Organisers: Victor Beccari1, Alexandre Guillaume2,3, Alfred Lemierre4, Andrea Villa5
1 SNSB – Bayerische Staatssammlung für Paläontologie und Geologie, Munich, Germany. Email: email@example.com
2 GeoBioTec, Department of Earth Sciences, NOVA School of Science and Technology, Universidade Nova de Lisboa, Campus de Caparica, P-2829 516 Caparica, Portugal. Email: firstname.lastname@example.org
3 Museu da Lourinhã, Rua João Luís de Moura 95, 2530-158 Lourinhã, Portugal.
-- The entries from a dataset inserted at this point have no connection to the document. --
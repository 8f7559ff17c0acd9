-- ===== src/Core/Versions/Replacement.antt =====
-- What survives a replacement of the binary in src/pkg/core/version_manager.go.
use ipvn.Base.{
  ℕ, String, ◌≡◌, ◌⊎◌, refl, ap, ◌∙◌, Bool, true, false, List, Option, none, some, str_eq,
  str_eq_refl, arith, Bool-cases, Option-cases, inl, inr,
}
use ipvn.Base.Dict.{lookup, insert, delete}
use ipvn.Core.Versions.{
  Texts, FileStore, UpdateError, empty_hash, unreadable, hash_mismatch, backup_failed,
  deploy_failed, VersionManager, Faults, remove,
}
use ipvn.Core.Versions.Binary.{
  copy_or_move_file, verify_file_sha256, deploy, replace_binary, prepare_atomic_update,
}
use ipvn.Core.Versions.Deployment.{
  lookup-remove, rename-cases, rename-succeeds, set_aside-rename, lookup-moved,
  copy_or_move_file-IsDeployed,
}

-- The outcome of an update: the new bytes are active and the old ones set aside.
pub record IsUpdated (x : Texts) (vm : VersionManager) (files : FileStore)
    (new_binary_path expected : String) (old : List ℕ)
    (result : VersionManager × FileStore × Option UpdateError) : Type 0 where
  pub bytes : List ℕ
  pub from_new : lookup new_binary_path files ≡ some bytes
  pub genuine : x.equal_fold (x.sha256_hex bytes) (x.trim_space expected) ≡ true
  pub active : lookup vm.active_exe result.1 ≡ some bytes
  pub backup : lookup vm.backup_exe result.1 ≡ some old
  pub pending : result.0 ≡ record vm { update_active = true }
  pub no_error : result.2 ≡ none

-- The outcome of a refused update: an error, and the old bytes are active.
pub record IsKept (vm : VersionManager) (old : List ℕ)
    (result : VersionManager × FileStore × Option UpdateError) : Type 0 where
  pub error : UpdateError
  pub is_error : result.2 ≡ some error
  pub active : lookup vm.active_exe result.1 ≡ some old
  pub same_manager : result.0 ≡ vm

-- The paths of the active binary, of its backup and of the new one differ.
abbrev pub Distinct : VersionManager → String → Type 0
Distinct vm new_path =
    (str_eq vm.backup_exe vm.active_exe ≡ false)
    × ((str_eq vm.active_exe vm.backup_exe ≡ false)
        × ((str_eq new_path vm.active_exe ≡ false)
            × ((str_eq vm.active_exe new_path ≡ false)
                × ((str_eq new_path vm.backup_exe ≡ false)
                    × (str_eq vm.backup_exe new_path ≡ false)))))

module _ (x : Texts) (faults : Faults) (vm : VersionManager) (files : FileStore)
    (new_path expected : String) (old bytes : List ℕ) where
  deploy-outcome :
      (kept : FileStore)
      → Distinct vm new_path
      → faults.restore ≡ false
      → lookup new_path files ≡ some bytes
      → x.equal_fold (x.sha256_hex bytes) (x.trim_space expected) ≡ true
      → lookup new_path kept ≡ some bytes
      → lookup vm.backup_exe kept ≡ some old
      → IsUpdated x vm files new_path expected old (deploy faults vm kept new_path)
        ⊎ IsKept vm old (deploy faults vm kept new_path)
  unfolding deploy
  deploy-outcome kept (b-a, (a-b, (n-a, (a-n, (n-b, b-n))))) healthy from_new good there saved =
      let run = copy_or_move_file-IsDeployed faults kept new_path vm.active_exe in
      let saved' = run.others vm.backup_exe n-b a-b ∙ saved in
      elim (Bool-cases (copy_or_move_file faults kept new_path vm.active_exe).1) [
        | inl e ↦ rw e (
            inl (record {
              bytes = bytes;
              from_new = from_new;
              genuine = good;
              active = run.brought e ∙ there;
              backup = saved';
              pending = refl;
              no_error = refl;
            }))
        | inr e ↦
            let back =
              rename-succeeds faults.restore
                (copy_or_move_file faults kept new_path vm.active_exe).0 vm.backup_exe vm.active_exe
                old healthy saved' in
            rw e (
              inr (record {
                error = deploy_failed;
                is_error = refl;
                active =
                    ap (λ r. lookup vm.active_exe r.0) back
                    ∙ ground (
                      arith,
                      lookup-moved (copy_or_move_file faults kept new_path vm.active_exe).0
                          vm.backup_exe vm.active_exe vm.active_exe old,
                      str_eq_refl vm.active_exe,
                    );
                same_manager = refl;
              }))
      ]

  replace-outcome :
      Distinct vm new_path
      → faults.restore ≡ false
      → faults.stat_active ≡ false
      → lookup vm.active_exe files ≡ some old
      → lookup new_path files ≡ some bytes
      → x.equal_fold (x.sha256_hex bytes) (x.trim_space expected) ≡ true
      → IsUpdated x vm files new_path expected old (replace_binary faults vm files new_path)
        ⊎ IsKept vm old (replace_binary faults vm files new_path)
  unfolding replace_binary
  replace-outcome d healthy seen current from_new good =
      let (b-a, (a-b, (n-a, (a-n, (n-b, b-n))))) = d in
      let cleared = (remove faults.remove_backup files vm.backup_exe).0 in
      let current' =
        lookup-remove faults.remove_backup files vm.backup_exe vm.active_exe b-a ∙ current in
      let from_new' =
        lookup-remove faults.remove_backup files vm.backup_exe new_path b-n ∙ from_new in
      elim (rename-cases faults.rename_active cleared vm.active_exe vm.backup_exe) [
        | inl e ↦
            rw (replace_binary, set_aside-rename faults vm cleared old seen current', e)
              (inr (record {
                error = backup_failed;
                is_error = refl;
                active = current';
                same_manager = refl;
              }))
        | inr (moved, (a, e)) ↦
            let same : moved ≡ old = ground (arith, a, current') in
            rw (replace_binary, set_aside-rename faults vm cleared old seen current', e)
              (deploy-outcome (insert vm.backup_exe moved (delete vm.active_exe cleared)) d healthy
                from_new good
                (lookup-moved cleared vm.active_exe vm.backup_exe new_path moved
                  ∙ ground (arith, b-n, a-n, from_new'))
                (lookup-moved cleared vm.active_exe vm.backup_exe vm.backup_exe moved
                  ∙ ground (arith, str_eq_refl vm.backup_exe, same)))
      ]

-- A file is refused, or it is there and its digest is the expected one.
verify-cases :
    (x : Texts) (fault : Bool) (files : FileStore) (path expected : String)
    → ((e : UpdateError) × (verify_file_sha256 x fault files path expected ≡ some e))
      ⊎ ((bytes : List ℕ) × ((lookup path files ≡ some bytes)
            × ((x.equal_fold (x.sha256_hex bytes) (x.trim_space expected) ≡ true)
                × (verify_file_sha256 x fault files path expected ≡ none))))
unfolding verify_file_sha256
verify-cases x fault files path expected = elim (Option-cases (lookup path files)) [
  | inl a ↦ inl (unreadable, rw (verify_file_sha256, a) refl)
  | inr (bytes, a) ↦ elim (Bool-cases fault) [
    | inl r ↦ inl (unreadable, rw (verify_file_sha256, a, r) refl)
    | inr r ↦ elim (Bool-cases (x.equal_fold (x.sha256_hex bytes) (x.trim_space expected))) [
      | inl g ↦ inr (bytes, (a, (g, rw (verify_file_sha256, a, r, g) refl)))
      | inr g ↦ inl (hash_mismatch, rw (verify_file_sha256, a, r, g) refl)
    ]
  ]
]

-- For an update of a binary that is there, on any pattern of refused calls of the operating system
-- except a refused os.Stat of it and a refused rename back, and with three different paths:
-- PrepareAtomicUpdate either ends without an error, the active binary then has the bytes of the new
-- one, whose digest is the expected one, the old bytes are the backup, and the update is pending;
-- or it ends with an error, and the active binary and the manager are as they were.
pub prepare_atomic_update-outcome :
    (x : Texts) (faults : Faults) (vm : VersionManager) (files : FileStore)
    (new_path expected : String) (old : List ℕ)
    → Distinct vm new_path
    → faults.restore ≡ false
    → faults.stat_active ≡ false
    → lookup vm.active_exe files ≡ some old
    → IsUpdated x vm files new_path expected old
        (prepare_atomic_update x faults vm files new_path expected)
      ⊎ IsKept vm old (prepare_atomic_update x faults vm files new_path expected)
unfolding prepare_atomic_update
prepare_atomic_update-outcome x faults vm files new_path expected old d healthy seen current =
    elim (Bool-cases (str_eq (x.trim_space expected) "")) [
      | inl e ↦ rw e (
          inr
            (record { error = empty_hash; is_error = refl; active = current; same_manager = refl }))
      | inr e ↦ elim (verify-cases x faults.read_new files new_path expected) [
        | inl (error, v) ↦
            rw (e, v)
              (inr
                (record { error = error; is_error = refl; active = current; same_manager = refl }))
        | inr (bytes, (from_new, (good, v))) ↦
            rw (e, v)
              (replace-outcome x faults vm files new_path expected old bytes d healthy seen current
                from_new good)
      ]
    ]
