-- ===== src/Core/Versions/Download.antt =====
-- DownloadAndApplyUpdate of src/pkg/core/version_manager.go from the answer of the server to the
-- active binary.
use ipvn.Base.{
  ℕ, ◌≡◌, ◌⊎◌, refl, ◌∙◌, sym, ap, String, Bool, true, false, ◌&&◌, List, Option, none, some, ◌==◌,
  arith, Option-cases, Bool-cases, inl, inr, not, str_eq, str_eq_refl, ==_iff,
}
use ipvn.Base.Dict.{lookup, insert, lookup-insert}
use ipvn.Core.Versions.{
  Texts, FileStore, UpdateError, no_update, download_failed, VersionManager, Faults, remove,
}
use ipvn.Core.Versions.Deployment.{lookup-remove}
use ipvn.Core.Versions.Replacement.{Distinct, prepare_atomic_update-outcome}
use ipvn.Core.Versions.Online.{
  UpdateCheckResult, Web, store_download, download, download_and_apply_update,
}

-- The downloaded bytes are active, and their digest is the one the check announced.
pub record IsInstalled (x : Texts) (web : Web) (vm : VersionManager) (check : UpdateCheckResult)
    (result : VersionManager × FileStore × Option UpdateError) : Type 0 where
  pub bytes : List ℕ
  pub served : web.get check.download_url ≡ some (200, bytes)
  pub genuine : x.equal_fold (x.sha256_hex bytes) (x.trim_space check.expected_sha256) ≡ true
  pub active : lookup vm.active_exe result.1 ≡ some bytes
  pub no_error : result.2 ≡ none

-- The active binary has its old bytes, and there is an error.
pub record IsUntouched (vm : VersionManager) (old : List ℕ)
    (result : VersionManager × FileStore × Option UpdateError) : Type 0 where
  pub error : UpdateError
  pub is_error : result.2 ≡ some error
  pub active : lookup vm.active_exe result.1 ≡ some old

module _ (x : Texts) (web : Web) (platform_key : String) (faults : Faults) (open_fault : Bool)
    (short : Option (List ℕ)) (vm : VersionManager) (files : FileStore) (tmp : String)
    (check : UpdateCheckResult) (old : List ℕ) (d : Distinct vm tmp)
    (healthy : faults.restore ≡ false) (seen : faults.stat_active ≡ false)
    (current : lookup vm.active_exe files ≡ some old) where
  other-insert : (bytes : List ℕ) → lookup vm.active_exe (insert tmp bytes files) ≡ some old
  other-insert bytes =
      lookup-insert tmp vm.active_exe bytes files ∙ ground (arith, d.1.1.0, current)

  stored-outcome :
      (bytes : List ℕ)
      → web.get check.download_url ≡ some (200, bytes)
      → IsInstalled x web vm check (
          store_download x web platform_key faults open_fault short vm files tmp
            check.expected_sha256 bytes)
        ⊎ IsUntouched vm old (
            store_download x web platform_key faults open_fault short vm files tmp
              check.expected_sha256 bytes)
  stored-outcome bytes served = elim (Bool-cases open_fault) [
    | inl o ↦ rw o (inr (record { error = download_failed; is_error = refl; active = current }))
    | inr o ↦ elim (Option-cases short) [
      | inr (part, s) ↦
          rw (o, s)
            (inr (record { error = download_failed; is_error = refl; active = other-insert part }))
      | inl s ↦
          elim (prepare_atomic_update-outcome x faults vm (insert tmp bytes files) tmp
            check.expected_sha256 old d healthy seen (other-insert bytes)) [
              | inr k ↦
                  rw (o, s)
                    (inr (record { error = k.error; is_error = k.is_error; active = k.active }))
              | inl u ↦
                  let same : u.bytes ≡ bytes =
                    ground
                      (arith, u.from_new, lookup-insert tmp tmp bytes files, str_eq_refl tmp) in
                  rw (o, s)
                    (inl (record {
                      bytes = bytes;
                      served = served;
                      genuine =
                          ap
                            (λ b.
                              x.equal_fold (x.sha256_hex b) (x.trim_space check.expected_sha256))
                            (sym same)
                          ∙ u.genuine;
                      active = u.active ∙ ap some same;
                      no_error = u.no_error;
                    }))
            ]
    ]
  ]

  download-outcome :
      IsInstalled x web vm check
        (download x web platform_key faults open_fault short vm files tmp check)
      ⊎ IsUntouched vm old (download x web platform_key faults open_fault short vm files tmp check)
  unfolding download
  download-outcome = elim (Option-cases (web.get check.download_url)) [
    | inl g ↦
        rw (download, g)
          (inr (record { error = download_failed; is_error = refl; active = current }))
    | inr ((status, body), g) ↦ elim (Bool-cases (status == 200)) [
      | inl s ↦
          rw (download, g, s)
            (stored-outcome body (g ∙ ap (λ n. some (n, body)) ((==_iff status 200).0 s)))
      | inr s ↦
          rw (download, g, s)
            (inr (record { error = download_failed; is_error = refl; active = current }))
    ]
  ]

  -- The removal of the temporary file at the end.
  without_tmp :
      (fault : Bool) (result : VersionManager × FileStore × Option UpdateError)
      → IsInstalled x web vm check result ⊎ IsUntouched vm old result
      → IsInstalled x web vm check (result.0, (remove fault result.1 tmp).0, result.2)
        ⊎ IsUntouched vm old (result.0, (remove fault result.1 tmp).0, result.2)
  without_tmp fault result (inl i) = inl (record {
    bytes = i.bytes;
    served = i.served;
    genuine = i.genuine;
    active = lookup-remove fault result.1 tmp vm.active_exe d.1.1.0 ∙ i.active;
    no_error = i.no_error;
  })
  without_tmp fault result (inr k) = inr (record {
    error = k.error;
    is_error = k.is_error;
    active = lookup-remove fault result.1 tmp vm.active_exe d.1.1.0 ∙ k.active;
  })

-- For a binary that is there, on any answer of the server and any pattern of refused calls of the
-- operating system except a refused os.Stat of the binary and a refused rename back, and with paths
-- that differ: DownloadAndApplyUpdate either ends without an error, and then the check had
-- announced an update, the server answered 200, and the active binary is what it served, with the
-- digest that the check announced; or it ends with an error, and the active binary is the old one.
pub download_and_apply_update-outcome :
    (x : Texts) (web : Web) (platform_key : String) (faults : Faults) (open_fault : Bool)
    (short : Option (List ℕ)) (tmp_fault : Bool) (vm : VersionManager) (files : FileStore)
    (tmp : String) (check : UpdateCheckResult) (old : List ℕ)
    → Distinct vm tmp
    → faults.restore ≡ false
    → faults.stat_active ≡ false
    → lookup vm.active_exe files ≡ some old
    → ((check.available ≡ true)
        × IsInstalled x web vm check (
            download_and_apply_update x web platform_key faults open_fault short tmp_fault vm files
              tmp check))
      ⊎ IsUntouched vm old (
          download_and_apply_update x web platform_key faults open_fault short tmp_fault vm files
            tmp check)
unfolding download_and_apply_update
download_and_apply_update-outcome x web platform_key faults open_fault short tmp_fault vm files tmp
      check old d healthy seen current =
    elim (Bool-cases (check.available && not (str_eq check.download_url ""))) [
      | inr a ↦ rw a (inr (record { error = no_update; is_error = refl; active = current }))
      | inl a ↦
          let offered : check.available ≡ true = ground arith in
          elim (without_tmp x web platform_key faults open_fault short vm files tmp check old d
            healthy seen current tmp_fault
            (download x web platform_key faults open_fault short vm files tmp check)
            (download-outcome x web platform_key faults open_fault short vm files tmp check old d
              healthy seen current)) [ inl i ↦ rw a (inl (offered, i)) | inr k ↦ rw a (inr k) ]
    ]
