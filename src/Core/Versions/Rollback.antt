-- ===== src/Core/Versions/Rollback.antt =====
-- The way back from an update of src/pkg/core/version_manager.go, until it is confirmed.
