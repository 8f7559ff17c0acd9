-- ===== src/Core/Versions/Tests.antt =====
-- An update of a binary of three bytes to one of two.
use ipvn.Base.{
  ℕ, ◌≡◌, ◌⊎◌, ◌↔◌, refl, String, true, false, [], ◌∷◌, Option, none, some, str_eq, if◌then◌else◌,
}
use ipvn.Base.Dict.{lookup}
use ipvn.Core.Versions.{Texts, parse_sem_ver, is_higher_version, FileStore, VersionManager, Faults}
use ipvn.Core.Versions.Binary.{prepare_atomic_update}
use ipvn.Core.Versions.Online.{
  UpdateManifest, UpdateCheckResult, Web, checked, check_manifest, check_online_update,
  download_and_apply_update,
}
use ipvn.Core.Versions.Replacement.{Distinct, IsUpdated, IsKept, prepare_atomic_update-outcome}
use ipvn.Core.Versions.Beacon.{IsSource, Answers, check_online_update_iff}
use ipvn.Core.Versions.Download.{IsInstalled, IsUntouched, download_and_apply_update-outcome}

abbrev scanned : String → Option (ℕ × ℕ × ℕ)
scanned text =
    if str_eq text "v0.7.0"
    then some (0, 7, 0)
    else (if str_eq text "v0.7.9"
        then some (0, 7, 9)
        else (if str_eq text "v1.0.0" then some (1, 0, 0) else none))

abbrev simple : Texts
simple = record {
  trim_space = λ s. s;
  trim_v = λ s. s;
  before_dash = λ s. s;
  dotted_parts = λ s. 3;
  scan_version = scanned;
  sha256_hex = λ bytes. elim bytes [ [] ↦ "e3" | b ∷ rest ↦ "aa" ];
  equal_fold = str_eq;
}

abbrev manager : VersionManager
manager = record { active_exe = "ipvn7"; backup_exe = "ipvn7.old"; update_active = false }

abbrev disk : FileStore
disk = ("ipvn7", 1 ∷ 2 ∷ 3 ∷ []) ∷ ("new", 4 ∷ 5 ∷ []) ∷ []

-- The rename of the new binary is refused, so that it is copied.
abbrev across_devices : Faults
across_devices = record {
  read_new = false;
  remove_backup = false;
  stat_active = false;
  rename_active = false;
  rename_new = true;
  open_new = false;
  open_active = false;
  short_copy = none;
  restore = false;
}

manager-Distinct : Distinct manager "new"
manager-Distinct = (refl, (refl, (refl, (refl, (refl, refl)))))

prepare_atomic_update-outcome_example :
    IsUpdated simple manager disk "new" "aa"
      (1 ∷ 2 ∷ 3 ∷ [])
      (prepare_atomic_update simple across_devices manager disk "new" "aa")
    ⊎ IsKept manager
        (1 ∷ 2 ∷ 3 ∷ [])
        (prepare_atomic_update simple across_devices manager disk "new" "aa")
unfolding lookup
prepare_atomic_update-outcome_example =
    prepare_atomic_update-outcome simple across_devices manager disk "new" "aa" (1 ∷ 2 ∷ 3 ∷ [])
      manager-Distinct refl refl refl

abbrev manifest : UpdateManifest
manifest = record {
  version = "v0.7.9";
  build_version = "v0.7.9";
  wire_version = 7;
  release_notes = "";
  platforms = ("linux/amd64", record { url = "https://example.org/ipvn7"; sha256 = "aa" }) ∷ [];
  signature = "";
}

abbrev mirror : Web
mirror = record { get = λ url. some (200, 4 ∷ 5 ∷ []); decode_manifest = λ body. some manifest }

abbrev offer : UpdateCheckResult
offer = record {
  available = true;
  current = "v0.7.0";
  latest_version = "v0.7.9";
  notes = "";
  platform = "linux/amd64";
  download_url = "https://example.org/ipvn7";
  expected_sha256 = "aa";
}

offer_found : check_online_update simple mirror "linux/amd64" "" ≡ checked offer
unfolding check_online_update check_manifest is_higher_version parse_sem_ver lookup
offer_found = refl

-- The text begins like a local address, and names another host behind the `@`.
foreign_host :
    check_online_update simple mirror "linux/amd64" "http://127.0.0.1:80@example.org/m.json"
    ≡ checked offer
unfolding check_online_update check_manifest is_higher_version parse_sem_ver lookup
foreign_host = refl

check_online_update_iff_example :
    ((check_online_update simple mirror "linux/amd64" "" ≡ checked offer)
      × (offer.available ≡ true))
    ↔ ((used : String) × IsSource "" used × Answers simple mirror "linux/amd64" used offer)
check_online_update_iff_example = check_online_update_iff simple mirror "linux/amd64" "" offer

download_and_apply_update-outcome_example :
    ((true ≡ true)
      × IsInstalled simple mirror manager offer (
          download_and_apply_update simple mirror "linux/amd64" across_devices false none false
            manager disk "new" offer))
    ⊎ IsUntouched manager (1 ∷ 2 ∷ 3 ∷ []) (
        download_and_apply_update simple mirror "linux/amd64" across_devices false none false
          manager disk "new" offer)
unfolding lookup
download_and_apply_update-outcome_example =
    download_and_apply_update-outcome simple mirror "linux/amd64" across_devices false none false
      manager disk "new" offer (1 ∷ 2 ∷ 3 ∷ []) manager-Distinct refl refl refl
4 Muséum National d’Histoire Naturelle, 43 rue Buffon, 75005 Paris, France. Email: email@example.com
5 Institut Català de Paleontologia Miquel Crusafont, Universitat Autònoma de Barcelona, Edifci ICTA-ICP, c/ Columnes s/n, Campus de la UAB, 08193 Cerdanyola del Vallès, Barcelona, Spain. Email: firstname.lastname@example.org
When it comes to the small world of the Mesozoic, lissamphibians, lepidosaurs, and other small amphibians and reptiles have been studied since the beginning of palaeontology. However, these clades are often misrepresented and overlooked. This led to a biased representation, with described specimens being either fossils preserved in slabs but often deformed and hard to interpret, or isolated fragmented bones, hard to identify. The early evolutionary history and geographical dispersal of several taxa remain, thus, unknown, even though all major modern clades appeared and radiated during the Mesozoic.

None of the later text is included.